## YOUR INSTRUCTIONS
Return all lines from the listing below that include the word "true".

*-*-*

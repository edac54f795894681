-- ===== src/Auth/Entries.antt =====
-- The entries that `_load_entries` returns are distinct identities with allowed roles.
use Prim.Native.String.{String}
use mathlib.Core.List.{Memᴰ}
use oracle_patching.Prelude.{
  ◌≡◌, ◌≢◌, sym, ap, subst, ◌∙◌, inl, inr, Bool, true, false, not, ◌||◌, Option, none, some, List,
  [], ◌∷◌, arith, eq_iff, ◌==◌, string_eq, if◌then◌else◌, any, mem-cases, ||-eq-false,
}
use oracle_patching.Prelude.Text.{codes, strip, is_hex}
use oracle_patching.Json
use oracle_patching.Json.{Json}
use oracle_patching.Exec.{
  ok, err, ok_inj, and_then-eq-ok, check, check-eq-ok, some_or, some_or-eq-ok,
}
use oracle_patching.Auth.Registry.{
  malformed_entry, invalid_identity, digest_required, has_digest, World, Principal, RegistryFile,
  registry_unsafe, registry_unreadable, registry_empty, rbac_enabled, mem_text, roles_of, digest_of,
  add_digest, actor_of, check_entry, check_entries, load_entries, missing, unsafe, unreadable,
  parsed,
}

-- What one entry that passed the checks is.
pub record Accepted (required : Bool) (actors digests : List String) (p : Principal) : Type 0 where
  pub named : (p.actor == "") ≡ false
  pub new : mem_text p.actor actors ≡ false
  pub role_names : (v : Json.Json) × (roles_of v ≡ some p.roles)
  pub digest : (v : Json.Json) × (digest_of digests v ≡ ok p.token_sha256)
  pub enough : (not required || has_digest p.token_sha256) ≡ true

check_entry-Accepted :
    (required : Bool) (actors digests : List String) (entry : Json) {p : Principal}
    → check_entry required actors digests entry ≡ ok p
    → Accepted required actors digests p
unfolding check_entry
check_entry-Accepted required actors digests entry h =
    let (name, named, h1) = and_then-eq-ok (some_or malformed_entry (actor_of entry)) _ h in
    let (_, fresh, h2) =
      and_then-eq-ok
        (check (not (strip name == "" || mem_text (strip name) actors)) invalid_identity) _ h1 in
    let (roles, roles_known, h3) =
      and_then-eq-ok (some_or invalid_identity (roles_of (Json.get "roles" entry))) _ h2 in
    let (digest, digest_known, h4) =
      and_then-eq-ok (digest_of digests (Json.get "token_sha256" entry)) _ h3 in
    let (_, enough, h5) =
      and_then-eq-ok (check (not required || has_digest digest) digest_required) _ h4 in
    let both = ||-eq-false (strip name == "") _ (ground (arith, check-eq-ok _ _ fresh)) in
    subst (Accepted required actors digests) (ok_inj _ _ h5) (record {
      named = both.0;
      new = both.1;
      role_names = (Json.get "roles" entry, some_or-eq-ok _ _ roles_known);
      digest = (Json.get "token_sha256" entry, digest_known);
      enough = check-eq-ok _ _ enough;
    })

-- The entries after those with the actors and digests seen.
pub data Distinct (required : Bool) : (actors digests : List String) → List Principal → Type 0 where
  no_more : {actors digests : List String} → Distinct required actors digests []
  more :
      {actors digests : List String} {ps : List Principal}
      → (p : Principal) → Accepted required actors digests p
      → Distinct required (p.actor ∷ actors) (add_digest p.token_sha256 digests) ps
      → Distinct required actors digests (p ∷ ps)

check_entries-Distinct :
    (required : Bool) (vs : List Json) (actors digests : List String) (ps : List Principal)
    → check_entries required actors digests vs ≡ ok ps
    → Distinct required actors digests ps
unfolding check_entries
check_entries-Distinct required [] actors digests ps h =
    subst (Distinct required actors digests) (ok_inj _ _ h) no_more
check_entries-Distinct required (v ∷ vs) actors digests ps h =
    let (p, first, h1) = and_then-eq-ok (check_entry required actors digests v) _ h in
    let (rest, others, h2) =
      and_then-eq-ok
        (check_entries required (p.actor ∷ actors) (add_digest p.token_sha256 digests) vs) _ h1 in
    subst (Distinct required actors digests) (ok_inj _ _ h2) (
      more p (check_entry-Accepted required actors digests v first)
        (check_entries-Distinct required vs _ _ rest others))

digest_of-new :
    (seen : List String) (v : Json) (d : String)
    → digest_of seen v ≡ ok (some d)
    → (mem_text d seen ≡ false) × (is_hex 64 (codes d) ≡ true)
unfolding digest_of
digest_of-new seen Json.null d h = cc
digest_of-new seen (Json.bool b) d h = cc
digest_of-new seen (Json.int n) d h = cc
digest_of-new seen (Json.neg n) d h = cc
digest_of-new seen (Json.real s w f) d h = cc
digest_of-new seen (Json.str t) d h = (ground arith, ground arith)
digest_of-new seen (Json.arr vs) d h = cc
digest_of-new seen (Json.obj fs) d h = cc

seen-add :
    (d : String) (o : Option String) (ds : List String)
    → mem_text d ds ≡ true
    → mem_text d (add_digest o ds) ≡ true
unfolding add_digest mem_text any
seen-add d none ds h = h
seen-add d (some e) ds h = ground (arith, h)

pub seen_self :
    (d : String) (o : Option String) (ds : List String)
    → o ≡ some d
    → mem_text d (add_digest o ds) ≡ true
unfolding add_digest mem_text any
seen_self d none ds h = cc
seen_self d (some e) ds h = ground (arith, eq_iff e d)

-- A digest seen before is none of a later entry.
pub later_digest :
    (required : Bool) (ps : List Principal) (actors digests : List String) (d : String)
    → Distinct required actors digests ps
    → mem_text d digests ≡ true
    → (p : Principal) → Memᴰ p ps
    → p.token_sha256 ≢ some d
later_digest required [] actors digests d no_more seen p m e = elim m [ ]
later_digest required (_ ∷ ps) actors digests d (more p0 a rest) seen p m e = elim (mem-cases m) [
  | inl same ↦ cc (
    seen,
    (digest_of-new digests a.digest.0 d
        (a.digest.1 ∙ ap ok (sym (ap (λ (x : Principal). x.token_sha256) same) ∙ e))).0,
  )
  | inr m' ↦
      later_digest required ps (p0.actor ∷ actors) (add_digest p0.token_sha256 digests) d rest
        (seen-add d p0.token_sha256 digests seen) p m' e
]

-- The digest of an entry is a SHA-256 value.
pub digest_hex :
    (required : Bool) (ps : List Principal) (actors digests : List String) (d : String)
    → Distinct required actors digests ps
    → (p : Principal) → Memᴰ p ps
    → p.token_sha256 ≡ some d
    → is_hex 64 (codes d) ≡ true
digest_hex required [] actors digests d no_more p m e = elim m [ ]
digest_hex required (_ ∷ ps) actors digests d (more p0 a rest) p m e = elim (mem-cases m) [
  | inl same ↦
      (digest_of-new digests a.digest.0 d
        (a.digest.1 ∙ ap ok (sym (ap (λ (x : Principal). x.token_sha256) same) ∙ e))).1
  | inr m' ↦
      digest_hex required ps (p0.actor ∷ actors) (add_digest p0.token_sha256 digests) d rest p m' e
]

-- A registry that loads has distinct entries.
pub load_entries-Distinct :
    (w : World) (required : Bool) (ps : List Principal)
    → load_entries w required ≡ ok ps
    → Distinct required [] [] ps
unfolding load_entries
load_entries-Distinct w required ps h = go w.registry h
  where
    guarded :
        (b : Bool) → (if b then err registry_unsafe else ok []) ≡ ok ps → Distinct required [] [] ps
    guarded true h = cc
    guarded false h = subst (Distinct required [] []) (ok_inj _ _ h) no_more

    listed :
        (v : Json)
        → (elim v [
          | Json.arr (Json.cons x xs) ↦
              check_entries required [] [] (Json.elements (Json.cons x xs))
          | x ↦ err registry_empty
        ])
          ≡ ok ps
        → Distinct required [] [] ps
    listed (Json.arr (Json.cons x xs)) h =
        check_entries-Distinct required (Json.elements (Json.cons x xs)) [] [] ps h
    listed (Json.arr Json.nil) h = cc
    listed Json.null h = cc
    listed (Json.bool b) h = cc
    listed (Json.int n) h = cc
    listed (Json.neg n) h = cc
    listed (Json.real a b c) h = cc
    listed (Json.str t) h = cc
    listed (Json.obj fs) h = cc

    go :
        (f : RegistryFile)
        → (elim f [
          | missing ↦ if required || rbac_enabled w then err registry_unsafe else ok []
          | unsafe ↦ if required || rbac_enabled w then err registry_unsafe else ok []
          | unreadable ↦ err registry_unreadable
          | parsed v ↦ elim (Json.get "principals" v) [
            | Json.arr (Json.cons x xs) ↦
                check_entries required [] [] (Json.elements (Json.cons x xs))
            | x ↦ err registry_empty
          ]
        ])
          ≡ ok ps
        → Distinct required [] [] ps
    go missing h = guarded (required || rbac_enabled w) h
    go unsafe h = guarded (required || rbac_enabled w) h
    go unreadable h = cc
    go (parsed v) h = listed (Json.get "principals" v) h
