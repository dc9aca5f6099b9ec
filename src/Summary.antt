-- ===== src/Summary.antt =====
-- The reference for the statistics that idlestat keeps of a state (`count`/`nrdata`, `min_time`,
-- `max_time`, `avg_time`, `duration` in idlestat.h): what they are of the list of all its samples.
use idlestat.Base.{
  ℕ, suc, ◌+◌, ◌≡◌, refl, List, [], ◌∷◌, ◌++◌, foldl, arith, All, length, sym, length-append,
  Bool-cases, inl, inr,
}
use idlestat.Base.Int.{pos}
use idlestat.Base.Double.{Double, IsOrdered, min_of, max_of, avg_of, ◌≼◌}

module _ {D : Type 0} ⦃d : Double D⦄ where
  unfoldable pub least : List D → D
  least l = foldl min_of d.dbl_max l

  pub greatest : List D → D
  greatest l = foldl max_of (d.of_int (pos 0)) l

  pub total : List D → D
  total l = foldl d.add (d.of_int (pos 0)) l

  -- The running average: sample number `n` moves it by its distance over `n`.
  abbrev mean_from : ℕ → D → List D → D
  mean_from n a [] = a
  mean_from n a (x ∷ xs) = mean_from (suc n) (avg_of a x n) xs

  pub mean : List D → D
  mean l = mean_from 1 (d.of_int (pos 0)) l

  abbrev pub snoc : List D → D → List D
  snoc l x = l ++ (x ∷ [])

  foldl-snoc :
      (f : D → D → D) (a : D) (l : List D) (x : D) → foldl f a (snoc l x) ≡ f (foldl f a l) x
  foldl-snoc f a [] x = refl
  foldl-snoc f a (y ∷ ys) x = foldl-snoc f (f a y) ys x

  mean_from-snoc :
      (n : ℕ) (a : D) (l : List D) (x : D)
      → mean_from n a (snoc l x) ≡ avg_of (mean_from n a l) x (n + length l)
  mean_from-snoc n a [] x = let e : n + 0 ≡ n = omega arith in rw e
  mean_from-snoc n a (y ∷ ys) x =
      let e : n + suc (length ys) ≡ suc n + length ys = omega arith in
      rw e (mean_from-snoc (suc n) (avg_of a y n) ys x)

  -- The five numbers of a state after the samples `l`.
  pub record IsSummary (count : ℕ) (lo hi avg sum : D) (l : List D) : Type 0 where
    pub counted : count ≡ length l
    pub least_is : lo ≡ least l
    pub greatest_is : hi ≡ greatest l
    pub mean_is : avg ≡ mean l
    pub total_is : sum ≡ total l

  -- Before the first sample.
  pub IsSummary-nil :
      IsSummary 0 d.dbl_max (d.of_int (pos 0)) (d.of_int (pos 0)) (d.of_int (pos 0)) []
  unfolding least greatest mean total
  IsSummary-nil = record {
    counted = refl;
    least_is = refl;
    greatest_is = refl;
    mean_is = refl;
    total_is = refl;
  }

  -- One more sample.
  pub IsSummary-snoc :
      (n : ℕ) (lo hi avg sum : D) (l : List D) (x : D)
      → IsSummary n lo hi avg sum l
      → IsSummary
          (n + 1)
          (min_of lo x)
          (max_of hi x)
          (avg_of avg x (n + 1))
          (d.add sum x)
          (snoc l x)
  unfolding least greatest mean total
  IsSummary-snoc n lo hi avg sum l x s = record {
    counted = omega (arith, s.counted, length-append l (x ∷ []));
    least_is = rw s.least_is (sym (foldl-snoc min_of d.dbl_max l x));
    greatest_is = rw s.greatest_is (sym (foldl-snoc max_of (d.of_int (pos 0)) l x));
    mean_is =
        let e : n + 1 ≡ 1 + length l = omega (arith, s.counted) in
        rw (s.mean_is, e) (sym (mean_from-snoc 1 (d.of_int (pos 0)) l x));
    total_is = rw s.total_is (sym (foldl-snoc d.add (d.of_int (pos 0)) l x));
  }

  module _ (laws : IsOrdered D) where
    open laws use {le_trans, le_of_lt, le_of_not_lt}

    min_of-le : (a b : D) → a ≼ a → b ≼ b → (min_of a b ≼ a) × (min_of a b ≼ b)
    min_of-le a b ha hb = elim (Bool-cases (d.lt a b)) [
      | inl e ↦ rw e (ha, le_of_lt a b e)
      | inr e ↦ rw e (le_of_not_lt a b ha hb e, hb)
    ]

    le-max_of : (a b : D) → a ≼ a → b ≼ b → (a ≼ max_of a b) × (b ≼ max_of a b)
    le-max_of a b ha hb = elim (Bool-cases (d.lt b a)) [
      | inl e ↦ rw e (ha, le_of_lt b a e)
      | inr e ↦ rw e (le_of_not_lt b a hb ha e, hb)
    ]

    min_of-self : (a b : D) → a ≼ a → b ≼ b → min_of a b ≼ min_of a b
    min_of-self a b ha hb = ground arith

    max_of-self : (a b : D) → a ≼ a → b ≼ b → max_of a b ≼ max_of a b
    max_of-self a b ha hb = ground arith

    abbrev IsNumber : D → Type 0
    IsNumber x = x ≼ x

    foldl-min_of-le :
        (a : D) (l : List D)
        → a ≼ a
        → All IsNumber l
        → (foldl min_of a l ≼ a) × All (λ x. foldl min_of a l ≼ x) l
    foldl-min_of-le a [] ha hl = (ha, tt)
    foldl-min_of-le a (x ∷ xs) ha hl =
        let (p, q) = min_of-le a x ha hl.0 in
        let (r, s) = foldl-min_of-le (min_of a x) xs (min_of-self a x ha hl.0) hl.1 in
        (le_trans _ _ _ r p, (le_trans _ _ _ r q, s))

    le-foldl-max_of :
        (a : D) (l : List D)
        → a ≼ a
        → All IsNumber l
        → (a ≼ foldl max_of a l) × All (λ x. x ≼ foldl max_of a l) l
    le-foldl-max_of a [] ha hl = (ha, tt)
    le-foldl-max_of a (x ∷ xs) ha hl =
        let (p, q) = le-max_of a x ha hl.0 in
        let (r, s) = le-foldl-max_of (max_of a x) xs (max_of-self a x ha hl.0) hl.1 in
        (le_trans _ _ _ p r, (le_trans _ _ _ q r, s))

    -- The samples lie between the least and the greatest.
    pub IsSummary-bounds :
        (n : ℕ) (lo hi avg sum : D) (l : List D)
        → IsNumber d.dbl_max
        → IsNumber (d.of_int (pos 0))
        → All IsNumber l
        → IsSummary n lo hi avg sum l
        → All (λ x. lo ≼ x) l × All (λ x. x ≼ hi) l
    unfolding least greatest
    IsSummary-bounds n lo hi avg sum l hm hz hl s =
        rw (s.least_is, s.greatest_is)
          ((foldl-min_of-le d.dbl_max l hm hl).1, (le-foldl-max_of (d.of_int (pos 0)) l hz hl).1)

*-*-*

## WORKED SOLUTION
  ◌≡◌, ◌≢◌, sym, ap, subst, ◌∙◌, inl, inr, Bool, true, false, not, ◌||◌, Option, none, some, List,
  pub enough : (not required || has_digest p.token_sha256) ≡ true
    → (mem_text d seen ≡ false) × (is_hex 64 (codes d) ≡ true)
    → mem_text d ds ≡ true
    → mem_text d (add_digest o ds) ≡ true
    → mem_text d (add_digest o ds) ≡ true
    → mem_text d digests ≡ true
    → is_hex 64 (codes d) ≡ true
    guarded true h = cc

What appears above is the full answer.